For teams building Python-based sync pipelines, integrating the replication state machine with asynchronous event loops allows non-blocking telemetry ingestion. By polling the _replicator _changes feed or subscribing to database notifications, engineers can trigger downstream processing only after state transitions to running or completed. This pattern aligns with modern async I/O paradigms documented in the Python asyncio library, enabling high-throughput sync workers without thread contention.

Production Deployment & Pipeline Integration

Deploying _replicator at scale requires treating replication documents as infrastructure-as-code artifacts. Each document should be version-controlled, validated against a JSON schema, and deployed via configuration management tools. When provisioning edge devices, ensure that _replicator documents are seeded with deterministic _id values derived from hardware serial numbers or cloud-assigned node identifiers. This guarantees idempotent deployments across fleet rollouts.

For mobile backend engineers, integrating replication lifecycle hooks with centralized logging systems provides critical visibility into sync health.

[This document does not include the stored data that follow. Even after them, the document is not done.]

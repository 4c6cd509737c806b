-- ===== src/Mqtt/Subscriptions.antt =====
-- Subscriptions with their handlers: `SubscriptionManager` of src/common/subscription-manager.ts.
-- The subscription ids are made by the package uuid; a new id is an argument here. A map of handlers
-- that `_subscriptionIds` refers to is that at a path of `_subscriptions`: it is never replaced there.
pub mod Paths
pub mod Found
pub mod Entries
pub mod Dispatch
pub mod Undispatch
pub mod Topics
use mathlib.Core.Option
use vda_5050_lib_js.Common.Map
use vda_5050_lib_js.Common.{
  Bool, List, Option, String, [], eq_Option, eq_String, eq_ℕ, flat_map, if◌then◌else◌, length, map,
  none, set, some, ℕ, ◌++◌, ◌==◌, ◌∷◌,
}
use vda_5050_lib_js.Vda.{AgvId}
use vda_5050_lib_js.Common.Map.{Map}
use vda_5050_lib_js.Mqtt.Topics.{
  TopicFormat, construct_mqtt_topic, deconstruct_mqtt_topic, get_mqtt_topic_utf8_length,
}
use vda_5050_lib_js.Mqtt.Utf8.{assert_mqtt_topic_utf8_count}

-- A level of a path: `none` is `undefined`, the wildcard.
abbrev pub Key : Type 0
Key = Option String

-- Manufacturer, serial number and topic.
pub record Path3 : Type 0 where
  pub manufacturer : Key
  pub serial_number : Key
  pub topic : Key

-- The handlers at a path, with the property `mqttTopic` of their map.
pub record Handlers (H : Type 0) : Type 0 where
  pub handlers : Map String H
  pub mqtt_topic : Option String

pub record SubscriptionManager (H : Type 0) : Type 0 where
  pub format : TopicFormat
  pub subscriptions : Map Key (Map Key (Map Key (Handlers H)))
  pub subscription_ids : Map String Path3

abbrev or_plus : Key → String
or_plus none = "+"
or_plus (some s) = s

unfoldable pub get_mqtt_topic : TopicFormat → Path3 → String
unfolding construct_mqtt_topic
get_mqtt_topic f p =
    construct_mqtt_topic f (or_plus p.manufacturer) (or_plus p.serial_number) (or_plus p.topic)

unfoldable pub mqtt_topic_utf8_length : TopicFormat → Path3 → ℕ
unfolding get_mqtt_topic_utf8_length
mqtt_topic_utf8_length f p =
    get_mqtt_topic_utf8_length f (or_plus p.manufacturer) (or_plus p.serial_number)
      (or_plus p.topic)

-- The maps on the way to a path are made where they are missing.
abbrev pub under : {V : Type 0} → Key → Map Key (Map Key V) → Map Key V
under k m = Option.get_or (Map.get k m) []

-- What a level of `_findInternal` yields: what is under the key, and then what is under the wildcard.
abbrev pub yielded : {V A : Type 0} → (V → List A) → Option V → List A
yielded f none = []
yielded f (some v) = f v

abbrev pub follow : {V A : Type 0} → (V → List A) → Key → Map Key V → List A
follow f k m = yielded f (Map.get k m) ++ yielded f (Map.get none m)

abbrev pub first_some : Key → String → Key
first_some none s = some s
first_some (some k) s = some k

abbrev pub Added : Type 0 → Type 0
Added H = (String × Key × Bool) × SubscriptionManager H

abbrev pub Removed : Type 0 → Type 0
Removed H = Option (Key × Bool) × SubscriptionManager H

module _ {H : Type 0} where
  unfoldable pub clear : SubscriptionManager H → SubscriptionManager H
  clear m = record m { subscriptions = []; subscription_ids = [] }

  abbrev pub no_handlers : Handlers H
  no_handlers = record { handlers = []; mqtt_topic = none }

  unfoldable pub handlers_at : Path3 → Map Key (Map Key (Map Key (Handlers H))) → Handlers H
  unfolding Map.get
  handlers_at p m =
      Option.get_or (Map.get p.manufacturer (under p.serial_number (under p.topic m))) no_handlers

  unfoldable pub put_handlers :
      Path3
      → Handlers H
      → Map Key (Map Key (Map Key (Handlers H)))
      → Map Key (Map Key (Map Key (Handlers H)))
  unfolding Map.get Map.set
  put_handlers p h m =
      let serials = under p.topic m in
      let manufacturers = under p.serial_number serials in
      Map.set p.topic (Map.set p.serial_number (Map.set p.manufacturer h manufacturers) serials) m

  -- `_findInternal` from the top.
  unfoldable pub find_handlers :
      Path3 → Map Key (Map Key (Map Key (Handlers H))) → List (String × H)
  unfolding Map.get
  find_handlers p =
      follow (follow (follow (λ h. h.handlers) p.manufacturer) p.serial_number) p.topic

  -- The handlers for an inbound message with this subject, and its topic.
  unfoldable pub find : String → AgvId → SubscriptionManager H → List (String × H) × Key
  unfolding find_handlers deconstruct_mqtt_topic
  find mqtt_topic subject m =
      let (manufacturer, serial_number, topic) = deconstruct_mqtt_topic m.format mqtt_topic in
      (
        find_handlers
            (record {
              manufacturer = first_some manufacturer subject.manufacturer;
              serial_number = first_some serial_number subject.serial_number;
              topic = topic;
            })
            m.subscriptions,
        topic,
      )

  unfoldable pub added : String → Path3 → H → SubscriptionManager H → Added H
  unfolding get_mqtt_topic handlers_at put_handlers
  added id p handler m =
      let old = handlers_at p m.subscriptions in
      let entries = Map.set id handler old.handlers in
      let is_first = length entries == 1 in
      let topic = if is_first then some (get_mqtt_topic m.format p) else old.mqtt_topic in
      (
        (id, topic, is_first),
        record m {
          subscriptions =
              put_handlers p (record { handlers = entries; mqtt_topic = topic }) m.subscriptions;
          subscription_ids = Map.set id p m.subscription_ids;
        },
      )

  -- The id, the topic and whether it is to be subscribed; `none` is a throw.
  unfoldable pub add : String → Path3 → H → SubscriptionManager H → Option (Added H)
  unfolding mqtt_topic_utf8_length assert_mqtt_topic_utf8_count added
  add id p handler m =
      Option.map (λ _. added id p handler m)
        (assert_mqtt_topic_utf8_count (mqtt_topic_utf8_length m.format p))

  abbrev pub remove_at_path : String → Path3 → SubscriptionManager H → Removed H
  remove_at_path id p m =
      let old = handlers_at p m.subscriptions in
      let rest = Map.delete id old.handlers in
      if Map.has id old.handlers
      then (
        some (old.mqtt_topic, length rest == 0),
        record m {
          subscriptions = put_handlers p (record old { handlers = rest }) m.subscriptions;
        },
      )
      else (none, m)

  -- The topic and whether it is to be unsubscribed, if the id has a handler. The id keeps its map.
  unfoldable pub remove : String → SubscriptionManager H → Removed H
  unfolding Map.get Map.has Map.delete handlers_at put_handlers
  remove id m = elim (Map.get id m.subscription_ids) [
    | none ↦ (none, m)
    | some p ↦ remove_at_path id p m
  ]

  abbrev pub topic_of : Handlers H → List String
  topic_of h = elim h.mqtt_topic [
    | none ↦ []
    | some topic ↦ if length h.handlers == 0 then [] else topic ∷ []
  ]

  -- A map of handlers has its topic from its first handler on.
  unfoldable pub get_all : SubscriptionManager H → List String
  get_all m =
      flat_map
        (λ (t : Key × Map Key (Map Key (Handlers H))).
          flat_map
            (λ (s : Key × Map Key (Handlers H)).
              flat_map (λ (k : Key × Handlers H). topic_of k.1) s.1)
            t.1)
        m.subscriptions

By routing _replication_state transitions and _replication_stats counters to time-series databases, teams can establish alert thresholds for doc_write_failures or missing_revisions_found. Implementing Async Monitoring & Webhooks ensures that pipeline operators receive near-real-time notifications when replication workers enter crashing or failed states, enabling automated remediation workflows.

When targeting resource-constrained IoT gateways, memory and connection pooling must be explicitly tuned. The http_connections, worker_processes, and worker_batch_size fields can be set per replication document (and have cluster-wide defaults in the [replicator] configuration section). Pairing these cluster-level settings with document-level continuous: false toggles during high-latency network conditions prevents memory exhaustion. Detailed deployment blueprints for low-power environments are available in Configuring _replicator for IoT Edge Nodes, which outlines CPU throttling, batch size optimization, and offline queue strategies.

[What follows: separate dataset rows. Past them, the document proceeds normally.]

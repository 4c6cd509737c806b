-- ===== src/Mqtt/Client/Messages.antt =====
-- What a client holds, and what it accepts as an AGV identifier and as an object of a topic:
-- `validateAgvId`, `validateTopicObject`, `_isValidVdaVersion` and `_withObjectHeader` of
-- src/common/client.ts. The client of the package mqtt takes the packets, recorded newest first.
use mathlib.Core.Option
use Prim.Native.Char.{Char, code}
use vda_5050_lib_js.Common.Map
use vda_5050_lib_js.Common.{
  Bool, List, Option, String, eq_Bool, eq_Option, eq_String, eq_ℕ, false, leb, none, not, some,
  true, ℕ, ◌&&◌, ◌==◌, ◌||◌,
}
use vda_5050_lib_js.Vda.{AgvId, Header, Json, eq_AgvId}
use vda_5050_lib_js.Common.Map.{Map}
use vda_5050_lib_js.Mqtt.Subscriptions.{SubscriptionManager}
use vda_5050_lib_js.Mqtt.Client.{Topic, factsheet, is_valid_topic_level, standard_topic}

-- An object with its header; what else it holds is not read here.
pub record TopicObject : Type 0 where
  pub header : Header
  pub content : Json

pub record Message : Type 0 where
  pub mqtt_topic : String
  pub payload : TopicObject
  pub retain : Bool

pub data Packet : Type 0 where
  publish : Message → Packet
  subscribe : (mqtt_topic : Option String) → Packet
  unsubscribe : (mqtt_topic : Option String) → Packet

pub data ConnectionState : Type 0 where
  online offline broken : ConnectionState

-- The options that are read here, the directions of the subclass, and the validators that are
-- generated from the JSON schemas.
pub record ClientOptions : Type 0 where
  pub vda_version : String
  pub validates_inbound : Bool
  pub validates_outbound : Bool
  pub direction : Topic → Bool → Bool
  pub schema : (vda_version : String) → Topic → TopicObject → Bool

-- `_extensionTopics` is a map for the directions and one for the validators, with the same topics.
-- `told_states` are the calls of the callback for changes, newest first: the state and the previous
-- one.
pub record Client (H : Type 0) : Type 0 where
  pub is_started : Bool
  pub connected : Bool
  pub connection_state : ConnectionState
  pub has_callback : Bool
  pub told_states : List (ConnectionState × ConnectionState)
  pub header_ids : Map String ℕ
  pub extension_topics : Map String (Bool × Bool)
  pub extension_validators : Map String (String → TopicObject → Bool)
  pub subscriptions : SubscriptionManager H
  pub packets : List Packet

-- `_isValidVdaVersion`.
unfoldable pub is_valid_vda_version : String → Bool
is_valid_vda_version version =
    version == "1.1.0"
    || version == "1.1"
    || version == "2.0"
    || version == "2.0.0"
    || version == "2.1"
    || version == "2.1.0"

-- One part of an AGV identifier.
abbrev pub is_valid_part : (String → Bool) → Option String → Bool → Bool
is_valid_part valid none for_subscription = for_subscription
is_valid_part valid (some s) for_subscription = not (s == "") && valid s

-- `A-Z a-z 0-9 _ . : -`
abbrev is_serial_char : Char → Bool
is_serial_char c =
    leb 65 (code c) && leb (code c) 90
    || leb 97 (code c) && leb (code c) 122
    || leb 48 (code c) && leb (code c) 57
    || code c == 95
    || code c == 46
    || code c == 58
    || code c == 45

unfoldable pub has_serial_chars : String → Bool
has_serial_chars String.[] = true
has_serial_chars (String.◌∷◌ c s) = is_serial_char c && has_serial_chars s

-- Whether `validateAgvId` returns.
unfoldable pub validate_agv_id : (manufacturer serial_number : Option String) → Bool → Bool
unfolding is_valid_topic_level has_serial_chars
validate_agv_id manufacturer serial_number for_subscription =
    is_valid_part is_valid_topic_level manufacturer for_subscription
    && is_valid_part (λ s. is_valid_topic_level s && has_serial_chars s) serial_number
        for_subscription

-- The versions that the switch of a topic knows.
unfoldable pub has_schema : Topic → String → Bool
has_schema factsheet version = version == "2.0.0" || version == "2.1.0"
has_schema _ version = version == "1.1.0" || version == "2.0.0" || version == "2.1.0"

-- The cases of the switch over topics.
abbrev pub is_valid_as :
    {H : Type 0} → ClientOptions → Client H → String → TopicObject → Option Topic → Bool
is_valid_as options c topic obj (some t) =
    has_schema t options.vda_version && options.schema options.vda_version t obj
is_valid_as options c topic obj none = elim (Map.get topic c.extension_validators) [
  | none ↦ false
  | some validator ↦ validator topic obj
]

abbrev pub is_valid_content :
    {H : Type 0} → ClientOptions → Client H → Option String → TopicObject → Bool
is_valid_content options c none obj = false
is_valid_content options c (some topic) obj = is_valid_as options c topic obj (standard_topic topic)

module _ {H : Type 0} (options : ClientOptions) where
  -- Whether `validateTopicObject` returns. An inbound topic can be undefined.
  unfoldable pub validate_topic_object : Client H → Option String → TopicObject → Bool
  unfolding has_schema Map.get
  validate_topic_object c topic obj =
      obj.header.version == options.vda_version && is_valid_content options c topic obj

-- `_withObjectHeader`: a timestamp that is given is kept.
unfoldable pub with_object_header :
    ClientOptions → (now : String) → AgvId → Option String → Json → (header_id : ℕ) → TopicObject
with_object_header options now subject timestamp content header_id = record {
  header = record {
    header_id = header_id;
    manufacturer = subject.manufacturer;
    serial_number = subject.serial_number;
    timestamp = Option.get_or timestamp now;
    version = options.vda_version;
  };
  content = content;
}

For authoritative reference on replication internals, checkpointing algorithms, and scheduler configuration parameters, consult the official CouchDB Replicator Documentation. By treating _replicator documents as declarative sync contracts rather than imperative API calls, distributed systems teams achieve resilient, observable, and conflict-aware data synchronization across heterogeneous network topologies.